▶ _PROBLEM_: Every record that follows should appear again in your answer, exactly the same.

▶ _PROVIDED DATA_:
%%
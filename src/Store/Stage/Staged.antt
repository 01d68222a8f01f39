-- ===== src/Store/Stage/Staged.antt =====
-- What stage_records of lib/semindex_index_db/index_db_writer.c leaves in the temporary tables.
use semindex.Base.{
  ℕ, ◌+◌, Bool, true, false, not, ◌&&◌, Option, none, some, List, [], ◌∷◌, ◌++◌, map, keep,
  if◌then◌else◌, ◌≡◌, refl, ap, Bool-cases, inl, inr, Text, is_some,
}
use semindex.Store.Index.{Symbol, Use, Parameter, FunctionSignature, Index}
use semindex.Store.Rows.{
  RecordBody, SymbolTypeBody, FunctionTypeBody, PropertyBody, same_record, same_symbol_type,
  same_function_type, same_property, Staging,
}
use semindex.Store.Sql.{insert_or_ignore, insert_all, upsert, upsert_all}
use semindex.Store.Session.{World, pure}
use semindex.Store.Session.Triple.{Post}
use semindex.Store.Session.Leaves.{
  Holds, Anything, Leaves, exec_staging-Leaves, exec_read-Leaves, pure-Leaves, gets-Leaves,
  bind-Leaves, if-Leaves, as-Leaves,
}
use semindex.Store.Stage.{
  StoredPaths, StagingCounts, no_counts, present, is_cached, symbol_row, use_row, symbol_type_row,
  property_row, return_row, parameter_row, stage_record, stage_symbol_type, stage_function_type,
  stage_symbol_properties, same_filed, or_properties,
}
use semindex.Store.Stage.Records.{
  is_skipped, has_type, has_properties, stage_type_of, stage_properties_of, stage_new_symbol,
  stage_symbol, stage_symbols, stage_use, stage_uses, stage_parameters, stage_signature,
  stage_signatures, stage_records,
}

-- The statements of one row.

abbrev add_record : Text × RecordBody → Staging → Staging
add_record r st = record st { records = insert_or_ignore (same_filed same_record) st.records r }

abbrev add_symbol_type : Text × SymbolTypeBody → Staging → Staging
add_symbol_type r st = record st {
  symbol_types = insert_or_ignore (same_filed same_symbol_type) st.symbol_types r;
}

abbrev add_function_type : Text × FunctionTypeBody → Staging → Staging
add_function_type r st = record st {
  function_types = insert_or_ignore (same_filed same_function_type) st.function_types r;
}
%%
▶ _SOLUTION FOR THIS EXERCISE_:
filename src/Store/Stage/Staged.antt
repository 01d68222a8f01f39
-- ===== src/Store/Stage/Staged.antt =====
-- What stage_records of lib/semindex_index_db/index_db_writer.c leaves in the temporary tables.
use semindex.Base.{
  ℕ, ◌+◌, Bool, true, false, not, ◌&&◌, Option, none, some, List, [], ◌∷◌, ◌++◌, map, keep,
  if◌then◌else◌, ◌≡◌, refl, ap, Bool-cases, inl, inr, Text, is_some,
}
use semindex.Store.Index.{Symbol, Use, Parameter, FunctionSignature, Index}
use semindex.Store.Rows.{
  RecordBody, SymbolTypeBody, FunctionTypeBody, PropertyBody, same_record, same_symbol_type,
  same_function_type, same_property, Staging,
}
use semindex.Store.Sql.{insert_or_ignore, insert_all, upsert, upsert_all}
use semindex.Store.Session.{World, pure}
use semindex.Store.Session.Triple.{Post}
use semindex.Store.Session.Leaves.{
  Holds, Anything, Leaves, exec_staging-Leaves, exec_read-Leaves, pure-Leaves, gets-Leaves,
  bind-Leaves, if-Leaves, as-Leaves,
}
use semindex.Store.Stage.{
  StoredPaths, StagingCounts, no_counts, present, is_cached, symbol_row, use_row, symbol_type_row,
  property_row, return_row, parameter_row, stage_record, stage_symbol_type, stage_function_type,
  stage_symbol_properties, same_filed, or_properties,
}
use semindex.Store.Stage.Records.{
  is_skipped, has_type, has_properties, stage_type_of, stage_properties_of, stage_new_symbol,
  stage_symbol, stage_symbols, stage_use, stage_uses, stage_parameters, stage_signature,
  stage_signatures, stage_records,
}

-- The statements of one row.

abbrev add_record : Text × RecordBody → Staging → Staging
add_record r st = record st { records = insert_or_ignore (same_filed same_record) st.records r }

abbrev add_symbol_type : Text × SymbolTypeBody → Staging → Staging
add_symbol_type r st = record st {
  symbol_types = insert_or_ignore (same_filed same_symbol_type) st.symbol_types r;
}

abbrev add_function_type : Text × FunctionTypeBody → Staging → Staging
add_function_type r st = record st {
  function_types = insert_or_ignore (same_filed same_function_type) st.function_types r;
}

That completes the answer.